■ To do ■
Restate, word for word, every line of the data.

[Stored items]
◇ ◇ ◇

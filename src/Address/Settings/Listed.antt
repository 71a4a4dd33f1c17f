-- ===== src/Address/Settings/Listed.antt =====
-- The lists of default streams that are printed, and what `parse_default_streams` reads of them.
use mathlib.Core.List.{append_assoc}
use qproto.Common.{
  ℕ, ◌+◌, ◌*◌, ◌≤◌, ◌<◌, ◌≡◌, refl, ◌≢◌, ap, sym, ◌∙◌, arith, true, List, [], ◌∷◌, ◌++◌, map,
  Option, none, some, length, length-append,
}
use qproto.Strings.{codes}
use qproto.Strings.Tokens.{AllWords, join, tokens-join}
use qproto.Strings.Numbers.{print, strtoul-print, print-IsWord}
use qproto.Address.Types.{AddressOptions, System, done}
use qproto.Address.Settings.{
  stream_id, sid_array, append_stream, add_stream, add_streams, first_streams,
  parse_default_streams,
}
use qproto.Address.Settings.Streams.{Missing, AreStreams, entries, holds-Missing, put-length}

-- Words that are printed IDs.
stream_id-print : (v : ℕ) → v < 65535 → stream_id (print v) ≡ done v
unfolding stream_id
stream_id-print v h = ground (arith, strtoul-print v (omega arith))

Missing-mid : (v : ℕ) (xs vs : List ℕ) → AreStreams (xs ++ (v ∷ vs)) → Missing v xs
Missing-mid v [] vs a = tt
Missing-mid v (x ∷ xs) vs (b, m, a) = (λ e. head_of xs m (sym e), Missing-mid v xs vs a)
  where
    head_of : (ys : List ℕ) → Missing x (ys ++ (v ∷ vs)) → v ≢ x
    head_of [] (ne, _) = ne
    head_of (y ∷ ys) (_, n) = head_of ys n

lt-mid : (v : ℕ) (xs vs : List ℕ) → AreStreams (xs ++ (v ∷ vs)) → v < 65535
lt-mid v [] vs (b, m, a) = b
lt-mid v (x ∷ xs) vs (b, m, a) = lt-mid v xs vs a

append_stream-new :
    (xs : List ℕ) (v : ℕ)
    → Missing v xs
    → length xs < 65535
    → append_stream xs (length xs) v ≡ done (some (xs ++ (v ∷ [])), length xs + 1)
unfolding append_stream
append_stream-new xs v m h =
    ground (arith, holds-Missing v xs m (length xs) (omega arith), put-length xs v)

-- The array that a round takes: the one there is, or a new one.
abbrev HasArray : System → Option (List ℕ) → Type 0
HasArray sys none = sys.has_memory (65535 * 2) ≡ true
HasArray sys (some xs) = Unit

sid_array-HasArray :
    (sys : System) (sids : Option (List ℕ))
    → HasArray sys sids
    → sid_array sys sids ≡ done (entries sids)
unfolding sid_array
sid_array-HasArray sys none h = ground arith
sid_array-HasArray sys (some xs) h = refl

add_stream-print :
    (sys : System) (sids : Option (List ℕ)) (v : ℕ) (vs : List ℕ)
    → HasArray sys sids
    → AreStreams (entries sids ++ (v ∷ vs))
    → length (entries sids ++ (v ∷ vs)) ≤ 65535
    → add_stream sys (sids, length (entries sids)) (print v)
      ≡ done (some (entries sids ++ (v ∷ [])), length (entries sids) + 1)
unfolding add_stream
add_stream-print sys sids v vs array a h =
    let xs = entries sids in
    let read = stream_id-print v (lt-mid v xs vs a) in
    let room : length xs < 65535 = omega (arith, length-append {0} xs (v ∷ vs)) in
    rw (read, sid_array-HasArray sys sids array)
      (append_stream-new xs v (Missing-mid v xs vs a) room)

add_streams-print :
    (sys : System) (sids : Option (List ℕ)) (v : ℕ) (vs : List ℕ)
    → HasArray sys sids
    → AreStreams (entries sids ++ (v ∷ vs))
    → length (entries sids ++ (v ∷ vs)) ≤ 65535
    → add_streams sys (sids, length (entries sids)) (map print (v ∷ vs))
      ≡ done (some (entries sids ++ (v ∷ vs)), length (entries sids ++ (v ∷ vs)))
unfolding add_streams
add_streams-print sys sids v [] array a h = rw (add_stream-print sys sids v [] array a h) (
    ap (λ n. done (some (entries sids ++ (v ∷ [])), n))
      (omega (arith, length-append {0} (entries sids) (v ∷ []))))
add_streams-print sys sids v (w ∷ vs) array a h =
    let xs = entries sids in
    let shift : (xs ++ (v ∷ [])) ++ (w ∷ vs) ≡ xs ++ (v ∷ w ∷ vs) =
      append_assoc xs (v ∷ []) (w ∷ vs) in
    let count : length xs + 1 ≡ length (xs ++ (v ∷ [])) =
      omega (arith, length-append {0} xs (v ∷ [])) in
    let more = add_streams-print sys (some (xs ++ (v ∷ []))) w vs tt (rw shift a) (rw shift h) in
    rw (add_stream-print sys sids v (w ∷ vs) array a h)
      (rw count (more ∙ ap (λ ys. done (some ys, length ys)) shift))

print-AllWords : (vs : List ℕ) → AreStreams vs → AllWords (codes ",") (map print vs)
print-AllWords [] a = tt
print-AllWords (v ∷ vs) (b, m, a) =
    (print-IsWord (codes ",") v (λ d h. ground arith) (omega arith), print-AllWords vs a)

-- Any list of different IDs below the reserved 65535, with at least one and at most 65535 of them, that is
-- printed with commas between any two: if there is memory for the array and the address has no
-- streams yet, the options get exactly this list, and nothing else in them changes.
pub parse_default_streams-print :
    (sys : System) (opts : AddressOptions) (v : ℕ) (vs : List ℕ)
    → sys.has_memory (65535 * 2) ≡ true
    → opts.nb_default_sid ≡ 0
    → AreStreams (v ∷ vs)
    → length (v ∷ vs) ≤ 65535
    → parse_default_streams sys opts (join b',' (map print (v ∷ vs)))
      ≡ done (record opts { default_sid = some (v ∷ vs); nb_default_sid = length (v ∷ vs) })
unfolding parse_default_streams first_streams
parse_default_streams-print sys opts v vs memory zeroed a h =
    let words =
      tokens-join (codes ",") b',' (map print (v ∷ vs)) (refl) (print-AllWords (v ∷ vs) a) in
    let looped = add_streams-print sys none v vs memory a h in rw words (rw zeroed (rw looped refl))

◇ ◇ ◇

■ Answer below ■
filename src/Address/Settings/Listed.antt
repository 71a4a4dd33f1c17f
-- ===== src/Address/Settings/Listed.antt =====
-- The lists of default streams that are printed, and what `parse_default_streams` reads of them.
use mathlib.Core.List.{append_assoc}
use qproto.Common.{
  ℕ, ◌+◌, ◌*◌, ◌≤◌, ◌<◌, ◌≡◌, refl, ◌≢◌, ap, sym, ◌∙◌, arith, true, List, [], ◌∷◌, ◌++◌, map,
  Option, none, some, length, length-append,
}
use qproto.Strings.{codes}
use qproto.Strings.Tokens.{AllWords, join, tokens-join}
use qproto.Strings.Numbers.{print, strtoul-print, print-IsWord}
use qproto.Address.Types.{AddressOptions, System, done}
use qproto.Address.Settings.{
  stream_id, sid_array, append_stream, add_stream, add_streams, first_streams,
  parse_default_streams,
}
use qproto.Address.Settings.Streams.{Missing, AreStreams, entries, holds-Missing, put-length}

-- Words that are printed IDs.
stream_id-print : (v : ℕ) → v < 65535 → stream_id (print v) ≡ done v
unfolding stream_id
stream_id-print v h = ground (arith, strtoul-print v (omega arith))

Missing-mid : (v : ℕ) (xs vs : List ℕ) → AreStreams (xs ++ (v ∷ vs)) → Missing v xs
Missing-mid v [] vs a = tt
Missing-mid v (x ∷ xs) vs (b, m, a) = (λ e. head_of xs m (sym e), Missing-mid v xs vs a)
  where
    head_of : (ys : List ℕ) → Missing x (ys ++ (v ∷ vs)) → v ≢ x
    head_of [] (ne, _) = ne
    head_of (y ∷ ys) (_, n) = head_of ys n

lt-mid : (v : ℕ) (xs vs : List ℕ) → AreStreams (xs ++ (v ∷ vs)) → v < 65535
lt-mid v [] vs (b, m, a) = b
lt-mid v (x ∷ xs) vs (b, m, a) = lt-mid v xs vs a

append_stream-new :
    (xs : List ℕ) (v : ℕ)
    → Missing v xs
    → length xs < 65535
    → append_stream xs (length xs) v ≡ done (some (xs ++ (v ∷ [])), length xs + 1)
unfolding append_stream
append_stream-new xs v m h =
    ground (arith, holds-Missing v xs m (length xs) (omega arith), put-length xs v)

-- The array that a round takes: the one there is, or a new one.
abbrev HasArray : System → Option (List ℕ) → Type 0
HasArray sys none = sys.has_memory (65535 * 2) ≡ true
HasArray sys (some xs) = Unit

sid_array-HasArray :
    (sys : System) (sids : Option (List ℕ))
    → HasArray sys sids
    → sid_array sys sids ≡ done (entries sids)
unfolding sid_array
sid_array-HasArray sys none h = ground arith
sid_array-HasArray sys (some xs) h = refl

add_stream-print :
    (sys : System) (sids : Option (List ℕ)) (v : ℕ) (vs : List ℕ)
    → HasArray sys sids
    → AreStreams (entries sids ++ (v ∷ vs))
    → length (entries sids ++ (v ∷ vs)) ≤ 65535
    → add_stream sys (sids, length (entries sids)) (print v)
      ≡ done (some (entries sids ++ (v ∷ [])), length (entries sids) + 1)
unfolding add_stream
add_stream-print sys sids v vs array a h =
    let xs = entries sids in
    let read = stream_id-print v (lt-mid v xs vs a) in
    let room : length xs < 65535 = omega (arith, length-append {0} xs (v ∷ vs)) in
    rw (read, sid_array-HasArray sys sids array)
      (append_stream-new xs v (Missing-mid v xs vs a) room)

add_streams-print :
    (sys : System) (sids : Option (List ℕ)) (v : ℕ) (vs : List ℕ)
    → HasArray sys sids
    → AreStreams (entries sids ++ (v ∷ vs))
    → length (entries sids ++ (v ∷ vs)) ≤ 65535
    → add_streams sys (sids, length (entries sids)) (map print (v ∷ vs))
      ≡ done (some (entries sids ++ (v ∷ vs)), length (entries sids ++ (v ∷ vs)))
unfolding add_streams
add_streams-print sys sids v [] array a h = rw (add_stream-print sys sids v [] array a h) (
    ap (λ n. done (some (entries sids ++ (v ∷ [])), n))
      (omega (arith, length-append {0} (entries sids) (v ∷ []))))
add_streams-print sys sids v (w ∷ vs) array a h =
    let xs = entries sids in
    let shift : (xs ++ (v ∷ [])) ++ (w ∷ vs) ≡ xs ++ (v ∷ w ∷ vs) =
      append_assoc xs (v ∷ []) (w ∷ vs) in
    let count : length xs + 1 ≡ length (xs ++ (v ∷ [])) =
      omega (arith, length-append {0} xs (v ∷ [])) in
    let more = add_streams-print sys (some (xs ++ (v ∷ []))) w vs tt (rw shift a) (rw shift h) in
    rw (add_stream-print sys sids v (w ∷ vs) array a h)
      (rw count (more ∙ ap (λ ys. done (some ys, length ys)) shift))

print-AllWords : (vs : List ℕ) → AreStreams vs → AllWords (codes ",") (map print vs)
print-AllWords [] a = tt
print-AllWords (v ∷ vs) (b, m, a) =
    (print-IsWord (codes ",") v (λ d h. ground arith) (omega arith), print-AllWords vs a)

-- Any list of different IDs below the reserved 65535, with at least one and at most 65535 of them, that is
-- printed with commas between any two: if there is memory for the array and the address has no
-- streams yet, the options get exactly this list, and nothing else in them changes.
pub parse_default_streams-print :
    (sys : System) (opts : AddressOptions) (v : ℕ) (vs : List ℕ)
    → sys.has_memory (65535 * 2) ≡ true
    → opts.nb_default_sid ≡ 0
    → AreStreams (v ∷ vs)
    → length (v ∷ vs) ≤ 65535
    → parse_default_streams sys opts (join b',' (map print (v ∷ vs)))
      ≡ done (record opts { default_sid = some (v ∷ vs); nb_default_sid = length (v ∷ vs) })
unfolding parse_default_streams first_streams
parse_default_streams-print sys opts v vs memory zeroed a h =
    let words =
      tokens-join (codes ",") b',' (map print (v ∷ vs)) (refl) (print-AllWords (v ∷ vs) a) in
    let looped = add_streams-print sys none v vs memory a h in rw words (rw zeroed (rw looped refl))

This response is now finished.